[EXERCISE AIM]
Below are entries. Reproduce exactly the lines between the line holding "handle_ifdef_directive is_active c" and the line holding "handle endif_directive = handle_endif_directive", inclusive, and only those.

[Extracted records]
━━━
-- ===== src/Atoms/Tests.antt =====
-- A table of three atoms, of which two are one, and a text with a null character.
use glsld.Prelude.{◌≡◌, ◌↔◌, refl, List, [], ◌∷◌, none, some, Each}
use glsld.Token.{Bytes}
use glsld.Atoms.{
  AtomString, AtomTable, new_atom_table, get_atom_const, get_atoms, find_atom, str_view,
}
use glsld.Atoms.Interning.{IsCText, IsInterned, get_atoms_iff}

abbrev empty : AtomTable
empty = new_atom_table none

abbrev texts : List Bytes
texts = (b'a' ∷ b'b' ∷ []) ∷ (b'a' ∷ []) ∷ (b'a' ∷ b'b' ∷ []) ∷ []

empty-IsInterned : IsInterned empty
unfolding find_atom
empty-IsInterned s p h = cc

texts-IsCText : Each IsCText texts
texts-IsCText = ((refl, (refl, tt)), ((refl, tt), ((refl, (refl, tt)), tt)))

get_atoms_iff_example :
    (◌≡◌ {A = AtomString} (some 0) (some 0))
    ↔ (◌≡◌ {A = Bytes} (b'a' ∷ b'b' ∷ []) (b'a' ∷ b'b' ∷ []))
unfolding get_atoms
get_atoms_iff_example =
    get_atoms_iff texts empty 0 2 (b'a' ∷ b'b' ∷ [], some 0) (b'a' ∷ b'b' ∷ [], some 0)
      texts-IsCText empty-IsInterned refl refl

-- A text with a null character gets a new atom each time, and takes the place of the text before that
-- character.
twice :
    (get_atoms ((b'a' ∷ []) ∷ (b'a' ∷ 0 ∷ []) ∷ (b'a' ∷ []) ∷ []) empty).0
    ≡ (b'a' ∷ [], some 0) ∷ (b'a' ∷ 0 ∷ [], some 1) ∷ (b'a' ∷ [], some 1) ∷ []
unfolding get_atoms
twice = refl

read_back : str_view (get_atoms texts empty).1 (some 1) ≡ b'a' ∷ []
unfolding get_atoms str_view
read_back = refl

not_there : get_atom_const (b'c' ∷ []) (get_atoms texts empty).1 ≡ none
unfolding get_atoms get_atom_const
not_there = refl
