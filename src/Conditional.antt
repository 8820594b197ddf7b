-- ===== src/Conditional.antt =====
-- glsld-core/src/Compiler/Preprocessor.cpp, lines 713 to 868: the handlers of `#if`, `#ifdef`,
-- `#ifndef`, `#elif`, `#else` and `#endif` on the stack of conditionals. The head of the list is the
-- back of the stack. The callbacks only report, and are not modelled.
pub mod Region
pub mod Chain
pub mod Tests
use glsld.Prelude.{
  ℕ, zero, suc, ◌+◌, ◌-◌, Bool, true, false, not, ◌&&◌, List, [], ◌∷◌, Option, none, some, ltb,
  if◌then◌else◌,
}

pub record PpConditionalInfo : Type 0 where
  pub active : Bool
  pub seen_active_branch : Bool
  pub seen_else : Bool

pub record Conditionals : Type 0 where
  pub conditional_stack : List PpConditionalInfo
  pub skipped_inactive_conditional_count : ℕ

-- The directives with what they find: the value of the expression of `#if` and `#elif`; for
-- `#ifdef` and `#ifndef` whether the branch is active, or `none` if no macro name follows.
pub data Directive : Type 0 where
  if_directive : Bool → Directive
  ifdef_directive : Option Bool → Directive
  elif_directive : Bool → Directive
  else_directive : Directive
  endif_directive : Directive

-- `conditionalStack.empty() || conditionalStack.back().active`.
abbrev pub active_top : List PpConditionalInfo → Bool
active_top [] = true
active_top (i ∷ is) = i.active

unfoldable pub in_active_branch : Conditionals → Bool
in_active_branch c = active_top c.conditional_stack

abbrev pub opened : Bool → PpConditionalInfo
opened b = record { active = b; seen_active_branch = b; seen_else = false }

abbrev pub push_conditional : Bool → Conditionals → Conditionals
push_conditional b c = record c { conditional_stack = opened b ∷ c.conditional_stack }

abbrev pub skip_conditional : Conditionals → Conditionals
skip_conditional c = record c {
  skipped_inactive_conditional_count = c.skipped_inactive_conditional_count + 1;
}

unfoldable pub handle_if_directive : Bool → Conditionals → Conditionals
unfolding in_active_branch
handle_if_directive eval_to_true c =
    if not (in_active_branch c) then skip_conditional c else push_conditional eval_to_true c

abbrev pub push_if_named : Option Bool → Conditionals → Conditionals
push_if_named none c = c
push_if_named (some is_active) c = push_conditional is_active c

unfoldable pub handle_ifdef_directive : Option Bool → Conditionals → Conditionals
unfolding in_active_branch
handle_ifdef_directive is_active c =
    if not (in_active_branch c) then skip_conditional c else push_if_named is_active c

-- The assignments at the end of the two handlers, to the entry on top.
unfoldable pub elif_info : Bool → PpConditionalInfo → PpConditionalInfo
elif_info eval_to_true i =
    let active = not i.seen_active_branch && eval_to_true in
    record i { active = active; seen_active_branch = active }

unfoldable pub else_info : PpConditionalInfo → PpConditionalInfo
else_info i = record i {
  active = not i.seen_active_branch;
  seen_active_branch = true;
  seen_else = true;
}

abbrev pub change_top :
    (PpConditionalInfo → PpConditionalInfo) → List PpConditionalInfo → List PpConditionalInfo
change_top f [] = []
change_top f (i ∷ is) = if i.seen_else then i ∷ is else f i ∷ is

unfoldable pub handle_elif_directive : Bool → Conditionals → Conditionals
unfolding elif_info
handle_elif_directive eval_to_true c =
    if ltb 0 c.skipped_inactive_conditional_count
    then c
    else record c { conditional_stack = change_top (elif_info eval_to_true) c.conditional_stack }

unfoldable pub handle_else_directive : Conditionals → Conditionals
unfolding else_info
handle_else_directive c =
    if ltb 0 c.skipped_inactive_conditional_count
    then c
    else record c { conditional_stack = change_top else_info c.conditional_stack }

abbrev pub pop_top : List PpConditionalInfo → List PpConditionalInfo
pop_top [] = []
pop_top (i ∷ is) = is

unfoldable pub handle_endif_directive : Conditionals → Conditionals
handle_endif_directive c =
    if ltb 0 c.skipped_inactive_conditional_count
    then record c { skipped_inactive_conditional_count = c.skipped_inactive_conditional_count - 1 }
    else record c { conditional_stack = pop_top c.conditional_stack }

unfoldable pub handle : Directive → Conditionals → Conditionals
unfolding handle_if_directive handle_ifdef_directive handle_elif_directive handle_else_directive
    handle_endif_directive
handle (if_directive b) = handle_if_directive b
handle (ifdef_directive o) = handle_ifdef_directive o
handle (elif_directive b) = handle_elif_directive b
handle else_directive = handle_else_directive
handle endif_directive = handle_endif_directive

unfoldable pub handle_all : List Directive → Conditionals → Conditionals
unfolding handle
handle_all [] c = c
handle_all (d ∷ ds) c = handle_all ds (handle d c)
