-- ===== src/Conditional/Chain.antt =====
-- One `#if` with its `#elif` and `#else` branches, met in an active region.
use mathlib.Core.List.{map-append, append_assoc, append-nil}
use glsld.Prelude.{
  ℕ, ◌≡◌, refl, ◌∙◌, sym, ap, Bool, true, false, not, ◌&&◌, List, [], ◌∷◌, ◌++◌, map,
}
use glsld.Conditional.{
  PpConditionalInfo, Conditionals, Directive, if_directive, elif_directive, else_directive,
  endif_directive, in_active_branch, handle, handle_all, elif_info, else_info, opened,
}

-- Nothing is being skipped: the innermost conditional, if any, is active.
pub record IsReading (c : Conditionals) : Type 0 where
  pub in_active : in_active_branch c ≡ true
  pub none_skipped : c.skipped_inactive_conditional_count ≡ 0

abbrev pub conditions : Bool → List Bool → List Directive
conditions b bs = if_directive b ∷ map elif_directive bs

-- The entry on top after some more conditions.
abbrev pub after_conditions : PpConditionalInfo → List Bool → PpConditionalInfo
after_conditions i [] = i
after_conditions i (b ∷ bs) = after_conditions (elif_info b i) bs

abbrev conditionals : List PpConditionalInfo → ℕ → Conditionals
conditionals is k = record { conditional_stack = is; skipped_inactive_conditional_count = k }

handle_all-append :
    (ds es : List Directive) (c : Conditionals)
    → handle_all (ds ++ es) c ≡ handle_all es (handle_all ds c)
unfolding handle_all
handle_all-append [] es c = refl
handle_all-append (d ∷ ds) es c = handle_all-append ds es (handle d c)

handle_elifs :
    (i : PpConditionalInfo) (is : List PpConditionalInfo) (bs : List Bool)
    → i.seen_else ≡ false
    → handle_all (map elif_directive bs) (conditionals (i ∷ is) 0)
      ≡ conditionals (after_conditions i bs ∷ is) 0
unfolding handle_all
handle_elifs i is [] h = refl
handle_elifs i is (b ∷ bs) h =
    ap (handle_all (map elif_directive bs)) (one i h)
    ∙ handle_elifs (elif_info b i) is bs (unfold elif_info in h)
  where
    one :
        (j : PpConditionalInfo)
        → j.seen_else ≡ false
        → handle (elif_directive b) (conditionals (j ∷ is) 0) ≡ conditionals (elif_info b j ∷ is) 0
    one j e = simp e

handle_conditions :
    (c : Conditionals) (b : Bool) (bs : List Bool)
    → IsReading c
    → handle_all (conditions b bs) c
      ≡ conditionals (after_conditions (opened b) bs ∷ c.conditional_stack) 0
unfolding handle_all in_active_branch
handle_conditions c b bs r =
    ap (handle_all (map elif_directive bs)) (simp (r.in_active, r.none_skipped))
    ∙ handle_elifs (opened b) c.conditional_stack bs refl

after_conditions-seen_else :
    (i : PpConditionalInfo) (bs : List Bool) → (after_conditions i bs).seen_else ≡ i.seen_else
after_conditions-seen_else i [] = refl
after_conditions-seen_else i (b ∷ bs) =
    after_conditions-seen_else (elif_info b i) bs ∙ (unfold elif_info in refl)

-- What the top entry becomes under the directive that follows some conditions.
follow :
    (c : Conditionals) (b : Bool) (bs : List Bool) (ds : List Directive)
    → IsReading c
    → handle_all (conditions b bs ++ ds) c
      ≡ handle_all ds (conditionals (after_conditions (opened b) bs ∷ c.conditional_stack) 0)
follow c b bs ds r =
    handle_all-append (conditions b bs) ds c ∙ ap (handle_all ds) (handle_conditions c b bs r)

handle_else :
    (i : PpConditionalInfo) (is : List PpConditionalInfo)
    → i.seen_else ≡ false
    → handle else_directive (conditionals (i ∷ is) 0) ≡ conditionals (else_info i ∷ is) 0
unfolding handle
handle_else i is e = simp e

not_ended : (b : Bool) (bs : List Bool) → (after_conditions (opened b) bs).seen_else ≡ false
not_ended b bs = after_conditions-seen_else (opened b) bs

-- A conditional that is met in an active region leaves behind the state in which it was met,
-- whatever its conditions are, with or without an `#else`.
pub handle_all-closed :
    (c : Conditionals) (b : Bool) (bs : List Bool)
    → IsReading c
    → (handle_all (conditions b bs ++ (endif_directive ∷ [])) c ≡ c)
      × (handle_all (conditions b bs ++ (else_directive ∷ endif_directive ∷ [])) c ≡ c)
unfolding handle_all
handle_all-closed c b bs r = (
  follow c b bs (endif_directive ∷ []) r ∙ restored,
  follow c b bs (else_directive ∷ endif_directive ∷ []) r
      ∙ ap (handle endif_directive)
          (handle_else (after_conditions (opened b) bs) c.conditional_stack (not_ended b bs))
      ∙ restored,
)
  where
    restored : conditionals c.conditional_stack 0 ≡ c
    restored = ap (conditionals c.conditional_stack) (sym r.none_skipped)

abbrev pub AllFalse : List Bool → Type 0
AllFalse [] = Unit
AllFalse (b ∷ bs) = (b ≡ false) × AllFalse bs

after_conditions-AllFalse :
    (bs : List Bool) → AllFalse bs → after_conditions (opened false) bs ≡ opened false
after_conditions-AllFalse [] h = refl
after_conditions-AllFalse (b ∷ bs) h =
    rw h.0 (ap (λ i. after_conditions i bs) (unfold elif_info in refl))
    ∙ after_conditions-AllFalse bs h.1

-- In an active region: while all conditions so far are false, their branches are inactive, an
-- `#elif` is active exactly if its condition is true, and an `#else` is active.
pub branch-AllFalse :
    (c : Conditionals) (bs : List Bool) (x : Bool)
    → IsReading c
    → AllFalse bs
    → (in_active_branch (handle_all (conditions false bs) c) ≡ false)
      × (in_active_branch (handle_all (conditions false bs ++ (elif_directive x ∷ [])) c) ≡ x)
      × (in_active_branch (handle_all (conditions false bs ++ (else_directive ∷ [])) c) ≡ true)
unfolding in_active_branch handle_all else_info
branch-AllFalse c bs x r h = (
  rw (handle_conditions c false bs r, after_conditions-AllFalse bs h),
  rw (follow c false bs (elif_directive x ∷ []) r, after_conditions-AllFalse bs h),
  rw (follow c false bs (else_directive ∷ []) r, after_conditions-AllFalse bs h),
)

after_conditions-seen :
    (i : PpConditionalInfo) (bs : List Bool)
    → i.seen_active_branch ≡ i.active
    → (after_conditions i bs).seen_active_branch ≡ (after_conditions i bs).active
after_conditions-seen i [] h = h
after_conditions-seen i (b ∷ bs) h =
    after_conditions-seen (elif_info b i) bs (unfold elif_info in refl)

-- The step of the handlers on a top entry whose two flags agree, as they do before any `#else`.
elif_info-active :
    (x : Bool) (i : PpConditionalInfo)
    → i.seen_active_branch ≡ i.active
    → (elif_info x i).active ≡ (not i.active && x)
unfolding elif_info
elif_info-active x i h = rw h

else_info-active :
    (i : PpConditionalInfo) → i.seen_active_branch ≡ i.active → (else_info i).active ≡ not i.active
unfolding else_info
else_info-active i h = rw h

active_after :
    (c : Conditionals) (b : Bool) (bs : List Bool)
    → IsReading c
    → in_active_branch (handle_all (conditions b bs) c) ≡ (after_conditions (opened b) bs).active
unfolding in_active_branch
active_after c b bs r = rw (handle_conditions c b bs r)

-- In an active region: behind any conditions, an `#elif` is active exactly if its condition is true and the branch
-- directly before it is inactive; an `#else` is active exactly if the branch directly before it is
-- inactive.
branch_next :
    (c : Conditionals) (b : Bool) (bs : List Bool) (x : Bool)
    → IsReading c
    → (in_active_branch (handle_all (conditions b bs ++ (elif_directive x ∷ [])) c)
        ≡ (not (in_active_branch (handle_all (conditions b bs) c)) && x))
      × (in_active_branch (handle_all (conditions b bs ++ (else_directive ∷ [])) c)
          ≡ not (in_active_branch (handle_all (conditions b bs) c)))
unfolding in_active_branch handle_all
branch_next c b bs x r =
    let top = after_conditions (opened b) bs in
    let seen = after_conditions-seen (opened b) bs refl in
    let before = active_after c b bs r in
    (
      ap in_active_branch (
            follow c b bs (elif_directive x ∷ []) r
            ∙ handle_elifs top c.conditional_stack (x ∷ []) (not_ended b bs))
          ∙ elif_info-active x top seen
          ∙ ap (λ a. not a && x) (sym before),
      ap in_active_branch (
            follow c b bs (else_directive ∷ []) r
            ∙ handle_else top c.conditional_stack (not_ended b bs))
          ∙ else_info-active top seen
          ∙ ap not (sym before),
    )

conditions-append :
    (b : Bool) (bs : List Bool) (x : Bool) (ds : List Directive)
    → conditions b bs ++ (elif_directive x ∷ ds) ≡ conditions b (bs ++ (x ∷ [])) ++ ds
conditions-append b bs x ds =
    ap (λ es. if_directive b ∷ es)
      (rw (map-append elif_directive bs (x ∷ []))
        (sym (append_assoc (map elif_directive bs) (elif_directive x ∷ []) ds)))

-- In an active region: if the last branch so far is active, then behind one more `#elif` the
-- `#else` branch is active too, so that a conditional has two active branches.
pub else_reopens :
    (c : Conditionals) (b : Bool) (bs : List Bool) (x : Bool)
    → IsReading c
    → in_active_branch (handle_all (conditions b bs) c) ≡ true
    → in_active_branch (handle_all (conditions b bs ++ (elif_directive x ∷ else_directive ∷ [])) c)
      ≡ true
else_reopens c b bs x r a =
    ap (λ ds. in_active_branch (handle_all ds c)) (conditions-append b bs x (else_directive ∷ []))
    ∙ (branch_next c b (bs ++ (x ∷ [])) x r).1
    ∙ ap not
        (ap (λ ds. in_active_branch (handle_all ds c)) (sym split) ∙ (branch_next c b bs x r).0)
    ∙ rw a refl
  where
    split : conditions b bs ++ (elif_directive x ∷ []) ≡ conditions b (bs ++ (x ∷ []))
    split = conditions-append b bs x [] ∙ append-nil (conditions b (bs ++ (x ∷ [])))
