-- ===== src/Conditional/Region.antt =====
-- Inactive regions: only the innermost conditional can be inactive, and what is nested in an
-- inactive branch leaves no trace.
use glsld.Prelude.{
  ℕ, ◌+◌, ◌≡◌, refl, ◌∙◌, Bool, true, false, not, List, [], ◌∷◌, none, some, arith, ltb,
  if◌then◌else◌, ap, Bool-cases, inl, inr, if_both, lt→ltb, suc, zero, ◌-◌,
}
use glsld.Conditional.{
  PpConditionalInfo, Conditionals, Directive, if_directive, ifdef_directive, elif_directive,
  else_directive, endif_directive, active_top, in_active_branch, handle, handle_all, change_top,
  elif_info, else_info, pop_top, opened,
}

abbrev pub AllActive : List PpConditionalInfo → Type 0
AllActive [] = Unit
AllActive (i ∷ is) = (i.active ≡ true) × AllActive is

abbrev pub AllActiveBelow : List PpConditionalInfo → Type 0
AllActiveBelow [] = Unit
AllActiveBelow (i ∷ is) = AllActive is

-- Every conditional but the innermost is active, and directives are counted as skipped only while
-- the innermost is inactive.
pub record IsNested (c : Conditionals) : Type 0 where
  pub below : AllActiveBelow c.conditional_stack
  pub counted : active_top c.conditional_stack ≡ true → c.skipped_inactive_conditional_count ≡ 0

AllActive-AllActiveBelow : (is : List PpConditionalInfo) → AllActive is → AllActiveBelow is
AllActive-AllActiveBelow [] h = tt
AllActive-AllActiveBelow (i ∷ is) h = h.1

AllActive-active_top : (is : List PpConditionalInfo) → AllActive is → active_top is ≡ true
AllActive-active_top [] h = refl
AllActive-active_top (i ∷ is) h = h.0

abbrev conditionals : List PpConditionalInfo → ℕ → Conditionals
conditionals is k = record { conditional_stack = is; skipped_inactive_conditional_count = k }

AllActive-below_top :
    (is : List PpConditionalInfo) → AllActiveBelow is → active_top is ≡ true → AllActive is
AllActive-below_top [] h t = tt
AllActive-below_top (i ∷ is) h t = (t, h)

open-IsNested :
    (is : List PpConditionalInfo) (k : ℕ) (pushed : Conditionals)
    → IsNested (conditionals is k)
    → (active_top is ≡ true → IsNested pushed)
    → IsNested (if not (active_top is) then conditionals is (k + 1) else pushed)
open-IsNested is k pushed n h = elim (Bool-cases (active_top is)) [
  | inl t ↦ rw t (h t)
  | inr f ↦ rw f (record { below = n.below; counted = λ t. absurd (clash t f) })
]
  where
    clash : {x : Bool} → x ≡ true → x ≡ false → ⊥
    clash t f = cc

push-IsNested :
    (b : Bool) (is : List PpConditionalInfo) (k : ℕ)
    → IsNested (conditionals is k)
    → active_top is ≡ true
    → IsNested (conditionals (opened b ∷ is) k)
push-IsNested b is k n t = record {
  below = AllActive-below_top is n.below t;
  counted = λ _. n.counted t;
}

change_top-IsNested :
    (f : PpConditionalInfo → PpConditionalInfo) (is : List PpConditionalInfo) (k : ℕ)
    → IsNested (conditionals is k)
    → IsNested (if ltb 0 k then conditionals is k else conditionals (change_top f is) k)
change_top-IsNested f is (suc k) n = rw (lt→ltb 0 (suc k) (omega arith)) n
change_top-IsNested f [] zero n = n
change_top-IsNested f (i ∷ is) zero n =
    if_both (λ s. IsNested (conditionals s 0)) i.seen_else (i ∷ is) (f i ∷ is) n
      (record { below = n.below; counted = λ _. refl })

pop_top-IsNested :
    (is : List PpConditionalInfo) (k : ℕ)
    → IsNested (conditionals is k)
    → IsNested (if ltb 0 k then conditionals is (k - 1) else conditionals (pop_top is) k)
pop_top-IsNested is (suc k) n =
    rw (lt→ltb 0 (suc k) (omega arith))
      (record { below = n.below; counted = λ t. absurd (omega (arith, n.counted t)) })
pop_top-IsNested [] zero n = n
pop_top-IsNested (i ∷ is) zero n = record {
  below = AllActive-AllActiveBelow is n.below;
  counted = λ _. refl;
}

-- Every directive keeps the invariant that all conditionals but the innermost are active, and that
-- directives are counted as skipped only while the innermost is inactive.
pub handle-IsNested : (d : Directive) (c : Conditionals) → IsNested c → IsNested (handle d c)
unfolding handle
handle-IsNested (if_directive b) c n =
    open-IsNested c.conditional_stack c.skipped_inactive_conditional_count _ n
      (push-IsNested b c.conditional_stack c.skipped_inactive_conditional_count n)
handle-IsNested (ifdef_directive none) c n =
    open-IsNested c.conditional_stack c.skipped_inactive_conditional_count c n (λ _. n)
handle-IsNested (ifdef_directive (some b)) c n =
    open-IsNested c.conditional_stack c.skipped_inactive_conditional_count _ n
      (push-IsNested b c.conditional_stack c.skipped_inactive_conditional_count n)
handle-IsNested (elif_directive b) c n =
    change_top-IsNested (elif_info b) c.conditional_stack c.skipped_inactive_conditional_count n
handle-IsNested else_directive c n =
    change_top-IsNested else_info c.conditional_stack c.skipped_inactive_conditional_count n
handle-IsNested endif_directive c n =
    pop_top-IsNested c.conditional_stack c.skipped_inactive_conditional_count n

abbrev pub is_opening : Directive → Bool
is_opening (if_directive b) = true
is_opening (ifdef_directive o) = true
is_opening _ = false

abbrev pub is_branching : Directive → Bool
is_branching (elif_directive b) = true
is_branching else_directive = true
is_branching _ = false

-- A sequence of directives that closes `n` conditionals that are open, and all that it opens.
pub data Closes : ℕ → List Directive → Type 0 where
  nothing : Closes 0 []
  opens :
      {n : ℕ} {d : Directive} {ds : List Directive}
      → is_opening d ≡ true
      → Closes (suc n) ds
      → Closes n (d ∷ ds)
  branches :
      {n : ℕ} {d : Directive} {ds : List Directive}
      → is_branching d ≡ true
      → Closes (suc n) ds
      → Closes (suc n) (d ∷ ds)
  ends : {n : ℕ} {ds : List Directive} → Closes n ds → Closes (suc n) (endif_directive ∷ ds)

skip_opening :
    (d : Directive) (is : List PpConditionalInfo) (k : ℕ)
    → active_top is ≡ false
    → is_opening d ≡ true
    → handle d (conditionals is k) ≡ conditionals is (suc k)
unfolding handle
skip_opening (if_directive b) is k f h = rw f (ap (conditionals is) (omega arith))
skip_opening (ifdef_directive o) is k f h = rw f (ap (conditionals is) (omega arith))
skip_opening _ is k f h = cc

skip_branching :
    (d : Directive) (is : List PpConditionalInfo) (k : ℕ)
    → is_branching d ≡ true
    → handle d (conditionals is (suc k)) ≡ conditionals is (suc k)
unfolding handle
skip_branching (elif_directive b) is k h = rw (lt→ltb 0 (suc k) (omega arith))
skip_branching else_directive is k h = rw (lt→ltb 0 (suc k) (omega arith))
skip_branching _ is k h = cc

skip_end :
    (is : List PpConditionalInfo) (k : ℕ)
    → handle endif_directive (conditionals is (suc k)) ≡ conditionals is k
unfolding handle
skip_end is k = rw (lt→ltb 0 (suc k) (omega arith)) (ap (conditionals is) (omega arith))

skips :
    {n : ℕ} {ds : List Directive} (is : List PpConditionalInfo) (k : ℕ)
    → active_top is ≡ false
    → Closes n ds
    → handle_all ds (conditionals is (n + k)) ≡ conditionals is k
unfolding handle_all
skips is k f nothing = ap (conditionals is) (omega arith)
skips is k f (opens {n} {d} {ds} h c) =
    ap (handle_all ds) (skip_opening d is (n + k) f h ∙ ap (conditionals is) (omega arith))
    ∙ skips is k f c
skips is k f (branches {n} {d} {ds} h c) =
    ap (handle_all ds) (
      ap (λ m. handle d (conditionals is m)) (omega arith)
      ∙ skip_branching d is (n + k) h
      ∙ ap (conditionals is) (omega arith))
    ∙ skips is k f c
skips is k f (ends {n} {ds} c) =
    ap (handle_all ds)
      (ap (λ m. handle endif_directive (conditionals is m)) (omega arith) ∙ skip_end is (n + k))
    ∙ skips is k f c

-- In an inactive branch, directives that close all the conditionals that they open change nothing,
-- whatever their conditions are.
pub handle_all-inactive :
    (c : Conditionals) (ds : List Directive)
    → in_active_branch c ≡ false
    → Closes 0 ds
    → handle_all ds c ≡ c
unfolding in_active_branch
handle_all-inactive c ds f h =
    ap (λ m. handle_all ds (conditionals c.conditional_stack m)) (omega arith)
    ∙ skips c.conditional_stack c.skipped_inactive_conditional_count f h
━━━
[SOLUTION TO THE PROBLEM]
handle_ifdef_directive is_active c =
    if not (in_active_branch c) then skip_conditional c else push_if_named is_active c

-- The assignments at the end of the two handlers, to the entry on top.
unfoldable pub elif_info : Bool → PpConditionalInfo → PpConditionalInfo
elif_info eval_to_true i =
    let active = not i.seen_active_branch && eval_to_true in
    record i { active = active; seen_active_branch = active }

unfoldable pub else_info : PpConditionalInfo → PpConditionalInfo
else_info i = record i {
  active = not i.seen_active_branch;
  seen_active_branch = true;
  seen_else = true;
}

abbrev pub change_top :
    (PpConditionalInfo → PpConditionalInfo) → List PpConditionalInfo → List PpConditionalInfo
change_top f [] = []
change_top f (i ∷ is) = if i.seen_else then i ∷ is else f i ∷ is

unfoldable pub handle_elif_directive : Bool → Conditionals → Conditionals
unfolding elif_info
handle_elif_directive eval_to_true c =
    if ltb 0 c.skipped_inactive_conditional_count
    then c
    else record c { conditional_stack = change_top (elif_info eval_to_true) c.conditional_stack }

unfoldable pub handle_else_directive : Conditionals → Conditionals
unfolding else_info
handle_else_directive c =
    if ltb 0 c.skipped_inactive_conditional_count
    then c
    else record c { conditional_stack = change_top else_info c.conditional_stack }

abbrev pub pop_top : List PpConditionalInfo → List PpConditionalInfo
pop_top [] = []
pop_top (i ∷ is) = is

unfoldable pub handle_endif_directive : Conditionals → Conditionals
handle_endif_directive c =
    if ltb 0 c.skipped_inactive_conditional_count
    then record c { skipped_inactive_conditional_count = c.skipped_inactive_conditional_count - 1 }
    else record c { conditional_stack = pop_top c.conditional_stack }

unfoldable pub handle : Directive → Conditionals → Conditionals
unfolding handle_if_directive handle_ifdef_directive handle_elif_directive handle_else_directive
    handle_endif_directive
handle (if_directive b) = handle_if_directive b
handle (ifdef_directive o) = handle_ifdef_directive o
handle (elif_directive b) = handle_elif_directive b
handle else_directive = handle_else_directive
handle endif_directive = handle_endif_directive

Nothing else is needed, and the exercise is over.